» **WHAT TO WORK ON**
Where in the data below does the word "Sends" appear? Copy each line that holds it.

» **EXTRACTED INFORMATION**
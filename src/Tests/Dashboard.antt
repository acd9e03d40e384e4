-- ===== src/Tests/Dashboard.antt =====
-- Witnesses for the routes and the bridge.
use dev_ops_agent_swarm.Base.{ℕ, ◌≡◌, [], ◌∷◌}
use dev_ops_agent_swarm.Base.{String, true, false, lookup, some, none, refl}
use dev_ops_agent_swarm.Base.Value.{str, null}
use dev_ops_agent_swarm.Messaging.Client.{World}
use dev_ops_agent_swarm.Orchestrator.State.{Incident}
use dev_ops_agent_swarm.Dashboard.Approvals.{Rows, approve_action, reject_action}
use dev_ops_agent_swarm.Dashboard.Approvals.Answers.{IsSent, respond-IsSent}
use dev_ops_agent_swarm.Dashboard.Bridge.Unheard.{Unheard, respond-Unheard}
use dev_ops_agent_swarm.Messaging.Sends.{Sends}

abbrev under_review : Incident
under_review = record {
  id = "i";
  status = "safety_review";
  severity = str "high";
  created_at = 0;
  updated_at = 0;
  state_entered_at = 0;
  resolved_at = none;
  diagnosis = none;
  diagnosis_confidence = null;
  root_cause_category = null;
  root_cause_service = null;
  remediation_actions = [];
  auto_resolved = false;
  resolution_summary = null;
  timeline = [];
  postmortem = none;
}

abbrev serving : World Rows
serving = record {
  agent = record {
    incidents = ("i", under_review) ∷ ("j", record under_review { status = "executing" }) ∷ [];
  };
  bus = record {
    connected = true;
    refusals = [];
    uuids =
        λ n. record { message_uuid = "m"; correlation_uuid = "c"; trace_uuid = "t"; created = 0 };
    built = 0;
    outbox = [];
  };
}

abbrev clock_text : ℕ → String
clock_text n = "now"

reviewed_row : lookup "i" serving.agent.incidents ≡ some under_review
unfolding lookup
reviewed_row = refl

respond-IsSent_example :
    IsSent "approve" "i" serving (approve_action clock_text 5 "i" none serving)
    × IsSent "reject" "i" serving (reject_action clock_text 5 "i" null serving)
respond-IsSent_example =
    respond-IsSent clock_text 5 "i" none null serving under_review reviewed_row refl refl refl refl

respond-Unheard_example :
    Sends Unheard (approve_action (λ t. "t") 7 "i" (some (str "fine")))
    × Sends Unheard (reject_action (λ t. "t") 7 "i" (str "risky"))
respond-Unheard_example = respond-Unheard (λ t. "t") 7 "i" (some (str "fine")) (str "risky")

» **ANSWER TO THIS EXERCISE**
use dev_ops_agent_swarm.Messaging.Sends.{Sends}
    Sends Unheard (approve_action (λ t. "t") 7 "i" (some (str "fine")))
    × Sends Unheard (reject_action (λ t. "t") 7 "i" (str "risky"))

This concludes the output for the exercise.